● Given records:
···
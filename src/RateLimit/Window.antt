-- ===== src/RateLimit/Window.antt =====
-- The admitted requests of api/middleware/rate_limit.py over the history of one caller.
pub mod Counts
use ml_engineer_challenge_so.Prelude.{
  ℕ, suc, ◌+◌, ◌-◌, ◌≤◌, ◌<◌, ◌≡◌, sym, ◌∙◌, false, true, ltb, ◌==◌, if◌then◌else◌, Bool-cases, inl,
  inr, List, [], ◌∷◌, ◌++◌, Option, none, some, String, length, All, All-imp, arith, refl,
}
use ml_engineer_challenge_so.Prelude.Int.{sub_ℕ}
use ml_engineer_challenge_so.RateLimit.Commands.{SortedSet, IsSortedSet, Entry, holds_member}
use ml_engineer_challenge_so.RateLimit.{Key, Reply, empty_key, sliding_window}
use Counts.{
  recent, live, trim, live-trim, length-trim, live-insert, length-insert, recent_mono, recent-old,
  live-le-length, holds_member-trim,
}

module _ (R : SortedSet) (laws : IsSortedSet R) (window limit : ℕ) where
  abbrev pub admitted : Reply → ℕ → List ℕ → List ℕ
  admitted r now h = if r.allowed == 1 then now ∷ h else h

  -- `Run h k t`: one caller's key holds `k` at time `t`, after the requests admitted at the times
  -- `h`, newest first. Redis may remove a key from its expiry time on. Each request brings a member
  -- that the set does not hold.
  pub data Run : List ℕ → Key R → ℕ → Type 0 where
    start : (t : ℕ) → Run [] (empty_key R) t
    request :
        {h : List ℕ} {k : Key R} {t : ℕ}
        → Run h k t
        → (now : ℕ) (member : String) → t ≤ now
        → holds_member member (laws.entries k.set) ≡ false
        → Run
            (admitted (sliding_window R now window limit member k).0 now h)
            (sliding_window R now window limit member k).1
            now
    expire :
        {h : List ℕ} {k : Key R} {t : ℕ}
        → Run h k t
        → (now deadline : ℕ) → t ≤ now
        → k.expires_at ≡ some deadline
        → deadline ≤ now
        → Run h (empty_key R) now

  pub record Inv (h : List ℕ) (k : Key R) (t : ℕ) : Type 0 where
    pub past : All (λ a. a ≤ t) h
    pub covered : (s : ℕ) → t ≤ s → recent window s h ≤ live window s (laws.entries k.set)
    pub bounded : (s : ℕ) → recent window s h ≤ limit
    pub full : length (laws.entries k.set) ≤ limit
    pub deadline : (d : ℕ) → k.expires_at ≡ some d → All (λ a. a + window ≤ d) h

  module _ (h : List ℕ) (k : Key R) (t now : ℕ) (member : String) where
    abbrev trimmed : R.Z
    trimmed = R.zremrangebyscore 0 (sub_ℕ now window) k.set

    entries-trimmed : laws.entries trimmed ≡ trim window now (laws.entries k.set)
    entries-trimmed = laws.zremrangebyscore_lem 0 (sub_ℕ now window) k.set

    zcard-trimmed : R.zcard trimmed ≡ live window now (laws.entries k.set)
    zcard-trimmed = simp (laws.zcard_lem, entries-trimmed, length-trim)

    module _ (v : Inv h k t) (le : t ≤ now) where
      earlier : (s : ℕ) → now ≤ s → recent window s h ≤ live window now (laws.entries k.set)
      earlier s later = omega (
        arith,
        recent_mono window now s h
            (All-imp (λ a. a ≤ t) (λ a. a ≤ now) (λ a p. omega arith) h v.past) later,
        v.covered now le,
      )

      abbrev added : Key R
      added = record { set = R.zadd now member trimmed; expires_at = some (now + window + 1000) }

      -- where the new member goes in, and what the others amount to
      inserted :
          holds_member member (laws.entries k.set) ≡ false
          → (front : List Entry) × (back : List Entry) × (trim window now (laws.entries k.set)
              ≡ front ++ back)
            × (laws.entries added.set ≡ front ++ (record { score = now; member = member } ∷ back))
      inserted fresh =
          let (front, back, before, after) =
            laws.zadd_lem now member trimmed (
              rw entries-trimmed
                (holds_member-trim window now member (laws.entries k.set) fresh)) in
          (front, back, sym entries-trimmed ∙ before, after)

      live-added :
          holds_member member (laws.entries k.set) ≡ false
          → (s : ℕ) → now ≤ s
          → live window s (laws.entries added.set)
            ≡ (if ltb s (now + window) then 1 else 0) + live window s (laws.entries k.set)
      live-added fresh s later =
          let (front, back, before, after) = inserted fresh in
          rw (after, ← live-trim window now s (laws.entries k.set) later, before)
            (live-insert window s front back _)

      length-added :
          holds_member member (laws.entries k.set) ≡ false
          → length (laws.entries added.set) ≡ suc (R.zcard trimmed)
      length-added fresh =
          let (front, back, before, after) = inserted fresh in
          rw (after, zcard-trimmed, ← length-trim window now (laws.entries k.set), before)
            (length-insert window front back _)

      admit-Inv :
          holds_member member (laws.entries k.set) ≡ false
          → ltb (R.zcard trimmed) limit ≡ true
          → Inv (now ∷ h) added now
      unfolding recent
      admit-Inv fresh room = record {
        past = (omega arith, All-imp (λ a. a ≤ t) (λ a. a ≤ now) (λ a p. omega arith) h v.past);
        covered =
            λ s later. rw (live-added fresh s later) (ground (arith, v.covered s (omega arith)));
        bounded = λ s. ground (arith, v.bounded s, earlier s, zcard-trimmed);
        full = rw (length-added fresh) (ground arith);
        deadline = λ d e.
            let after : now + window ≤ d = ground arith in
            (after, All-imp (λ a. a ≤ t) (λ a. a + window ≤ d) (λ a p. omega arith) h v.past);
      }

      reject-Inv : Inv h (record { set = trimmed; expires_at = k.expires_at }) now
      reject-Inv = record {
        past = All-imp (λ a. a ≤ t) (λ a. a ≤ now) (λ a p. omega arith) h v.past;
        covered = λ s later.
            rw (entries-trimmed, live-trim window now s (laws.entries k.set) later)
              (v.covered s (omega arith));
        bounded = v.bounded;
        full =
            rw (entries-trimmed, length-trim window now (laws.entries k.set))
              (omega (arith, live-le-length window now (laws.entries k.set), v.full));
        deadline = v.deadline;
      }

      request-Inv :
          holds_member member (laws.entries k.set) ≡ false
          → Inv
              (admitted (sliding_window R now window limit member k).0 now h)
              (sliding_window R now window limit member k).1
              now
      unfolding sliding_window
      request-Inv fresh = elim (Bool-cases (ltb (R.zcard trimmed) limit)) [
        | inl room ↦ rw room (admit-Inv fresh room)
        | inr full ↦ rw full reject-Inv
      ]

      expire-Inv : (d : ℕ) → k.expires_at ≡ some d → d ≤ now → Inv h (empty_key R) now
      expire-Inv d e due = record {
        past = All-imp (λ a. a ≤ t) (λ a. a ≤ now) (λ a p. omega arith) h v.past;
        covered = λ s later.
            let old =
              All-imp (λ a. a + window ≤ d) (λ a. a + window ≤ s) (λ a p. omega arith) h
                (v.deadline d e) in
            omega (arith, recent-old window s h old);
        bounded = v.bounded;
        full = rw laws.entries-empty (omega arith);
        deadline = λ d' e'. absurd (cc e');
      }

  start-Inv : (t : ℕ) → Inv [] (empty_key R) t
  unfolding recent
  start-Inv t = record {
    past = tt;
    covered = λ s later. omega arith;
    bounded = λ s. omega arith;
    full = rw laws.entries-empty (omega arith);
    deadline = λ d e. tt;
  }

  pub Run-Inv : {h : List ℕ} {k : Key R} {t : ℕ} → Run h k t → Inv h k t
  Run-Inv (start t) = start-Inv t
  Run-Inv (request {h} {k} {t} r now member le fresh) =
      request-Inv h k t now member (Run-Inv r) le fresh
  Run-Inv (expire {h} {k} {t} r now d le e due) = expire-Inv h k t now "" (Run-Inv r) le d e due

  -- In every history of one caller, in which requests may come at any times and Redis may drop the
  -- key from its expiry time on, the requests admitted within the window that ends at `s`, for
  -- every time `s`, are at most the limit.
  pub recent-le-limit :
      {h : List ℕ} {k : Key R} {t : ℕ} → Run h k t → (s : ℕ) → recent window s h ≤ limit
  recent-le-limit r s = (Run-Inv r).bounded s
···
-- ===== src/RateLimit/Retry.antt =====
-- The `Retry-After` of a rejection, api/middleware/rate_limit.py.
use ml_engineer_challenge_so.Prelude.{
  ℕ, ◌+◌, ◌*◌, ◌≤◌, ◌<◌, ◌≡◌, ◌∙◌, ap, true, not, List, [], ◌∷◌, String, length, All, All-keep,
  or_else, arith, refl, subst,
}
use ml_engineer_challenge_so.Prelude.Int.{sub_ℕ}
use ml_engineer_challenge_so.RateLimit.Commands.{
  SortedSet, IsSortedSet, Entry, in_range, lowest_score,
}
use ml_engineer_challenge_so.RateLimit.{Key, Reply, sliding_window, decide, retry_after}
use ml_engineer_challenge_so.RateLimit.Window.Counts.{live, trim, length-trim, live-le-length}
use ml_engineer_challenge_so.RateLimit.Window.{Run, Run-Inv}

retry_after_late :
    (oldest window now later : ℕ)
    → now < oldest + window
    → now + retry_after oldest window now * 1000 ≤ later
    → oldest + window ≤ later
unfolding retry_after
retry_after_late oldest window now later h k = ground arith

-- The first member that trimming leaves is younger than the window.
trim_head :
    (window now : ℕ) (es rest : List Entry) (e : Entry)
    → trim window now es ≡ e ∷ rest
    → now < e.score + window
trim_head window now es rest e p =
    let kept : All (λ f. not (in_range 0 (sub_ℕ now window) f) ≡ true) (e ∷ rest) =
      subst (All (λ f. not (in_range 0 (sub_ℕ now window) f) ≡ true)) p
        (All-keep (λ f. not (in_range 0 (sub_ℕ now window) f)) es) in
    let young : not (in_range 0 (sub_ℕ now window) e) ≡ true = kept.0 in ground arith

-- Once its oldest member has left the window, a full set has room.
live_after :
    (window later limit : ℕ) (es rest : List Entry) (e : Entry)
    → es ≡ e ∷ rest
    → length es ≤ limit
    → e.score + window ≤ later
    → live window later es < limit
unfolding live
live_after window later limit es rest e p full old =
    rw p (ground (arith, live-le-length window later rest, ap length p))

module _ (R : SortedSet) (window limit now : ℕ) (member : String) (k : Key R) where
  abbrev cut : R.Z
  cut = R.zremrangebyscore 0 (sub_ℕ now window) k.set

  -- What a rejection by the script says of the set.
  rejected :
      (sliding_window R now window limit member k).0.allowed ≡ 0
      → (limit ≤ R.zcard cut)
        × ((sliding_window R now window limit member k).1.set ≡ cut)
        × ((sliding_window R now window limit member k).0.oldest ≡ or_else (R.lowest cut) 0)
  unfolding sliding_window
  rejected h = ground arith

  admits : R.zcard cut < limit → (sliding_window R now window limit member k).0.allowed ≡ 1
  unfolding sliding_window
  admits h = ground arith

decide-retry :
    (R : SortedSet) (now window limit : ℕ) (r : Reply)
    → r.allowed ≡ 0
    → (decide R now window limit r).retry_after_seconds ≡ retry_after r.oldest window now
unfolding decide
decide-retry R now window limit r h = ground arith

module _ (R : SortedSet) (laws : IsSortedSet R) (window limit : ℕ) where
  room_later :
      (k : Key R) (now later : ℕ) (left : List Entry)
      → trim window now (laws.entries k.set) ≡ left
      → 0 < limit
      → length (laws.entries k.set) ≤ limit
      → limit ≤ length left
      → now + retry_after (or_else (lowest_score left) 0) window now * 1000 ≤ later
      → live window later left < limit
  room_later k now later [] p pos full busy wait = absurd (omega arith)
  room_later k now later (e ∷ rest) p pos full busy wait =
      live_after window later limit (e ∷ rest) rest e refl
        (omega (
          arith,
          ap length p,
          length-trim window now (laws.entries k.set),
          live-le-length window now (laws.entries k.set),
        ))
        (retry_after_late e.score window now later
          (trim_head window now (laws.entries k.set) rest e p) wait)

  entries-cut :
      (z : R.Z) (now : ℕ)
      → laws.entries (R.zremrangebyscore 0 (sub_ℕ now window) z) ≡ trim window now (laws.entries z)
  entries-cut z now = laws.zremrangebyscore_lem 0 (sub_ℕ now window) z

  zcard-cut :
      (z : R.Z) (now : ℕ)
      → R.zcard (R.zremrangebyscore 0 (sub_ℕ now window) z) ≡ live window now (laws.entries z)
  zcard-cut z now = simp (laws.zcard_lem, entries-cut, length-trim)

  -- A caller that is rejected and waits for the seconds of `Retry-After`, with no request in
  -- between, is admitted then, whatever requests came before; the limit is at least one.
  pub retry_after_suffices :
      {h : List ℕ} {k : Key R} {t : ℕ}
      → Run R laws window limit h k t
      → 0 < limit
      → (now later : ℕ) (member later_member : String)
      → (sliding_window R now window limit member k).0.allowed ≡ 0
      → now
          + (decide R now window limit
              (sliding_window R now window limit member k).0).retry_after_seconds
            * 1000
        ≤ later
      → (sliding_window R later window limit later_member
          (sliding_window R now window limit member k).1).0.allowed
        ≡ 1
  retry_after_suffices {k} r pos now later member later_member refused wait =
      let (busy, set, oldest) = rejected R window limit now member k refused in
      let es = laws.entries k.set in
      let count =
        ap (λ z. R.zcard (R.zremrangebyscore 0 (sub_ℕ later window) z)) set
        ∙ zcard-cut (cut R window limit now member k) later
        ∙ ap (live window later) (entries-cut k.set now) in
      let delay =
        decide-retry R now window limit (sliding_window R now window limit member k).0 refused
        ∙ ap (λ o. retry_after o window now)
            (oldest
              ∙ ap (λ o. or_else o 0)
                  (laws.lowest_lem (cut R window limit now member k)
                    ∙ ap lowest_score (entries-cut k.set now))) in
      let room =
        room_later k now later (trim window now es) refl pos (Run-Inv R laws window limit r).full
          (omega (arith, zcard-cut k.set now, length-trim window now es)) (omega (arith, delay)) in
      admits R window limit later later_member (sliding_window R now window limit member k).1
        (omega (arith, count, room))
···
● What the task requires:
In the listing above, find the line with "abbrev cut : R.Z" and the line with "room_later k now later (e". Output those two lines and every line between them, exactly as written.

● Exercise response:
  abbrev cut : R.Z
  cut = R.zremrangebyscore 0 (sub_ℕ now window) k.set

  -- What a rejection by the script says of the set.
  rejected :
      (sliding_window R now window limit member k).0.allowed ≡ 0
      → (limit ≤ R.zcard cut)
        × ((sliding_window R now window limit member k).1.set ≡ cut)
        × ((sliding_window R now window limit member k).0.oldest ≡ or_else (R.lowest cut) 0)
  unfolding sliding_window
  rejected h = ground arith

  admits : R.zcard cut < limit → (sliding_window R now window limit member k).0.allowed ≡ 1
  unfolding sliding_window
  admits h = ground arith

decide-retry :
    (R : SortedSet) (now window limit : ℕ) (r : Reply)
    → r.allowed ≡ 0
    → (decide R now window limit r).retry_after_seconds ≡ retry_after r.oldest window now
unfolding decide
decide-retry R now window limit r h = ground arith

module _ (R : SortedSet) (laws : IsSortedSet R) (window limit : ℕ) where
  room_later :
      (k : Key R) (now later : ℕ) (left : List Entry)
      → trim window now (laws.entries k.set) ≡ left
      → 0 < limit
      → length (laws.entries k.set) ≤ limit
      → limit ≤ length left
      → now + retry_after (or_else (lowest_score left) 0) window now * 1000 ≤ later
      → live window later left < limit
  room_later k now later [] p pos full busy wait = absurd (omega arith)
  room_later k now later (e ∷ rest) p pos full busy wait =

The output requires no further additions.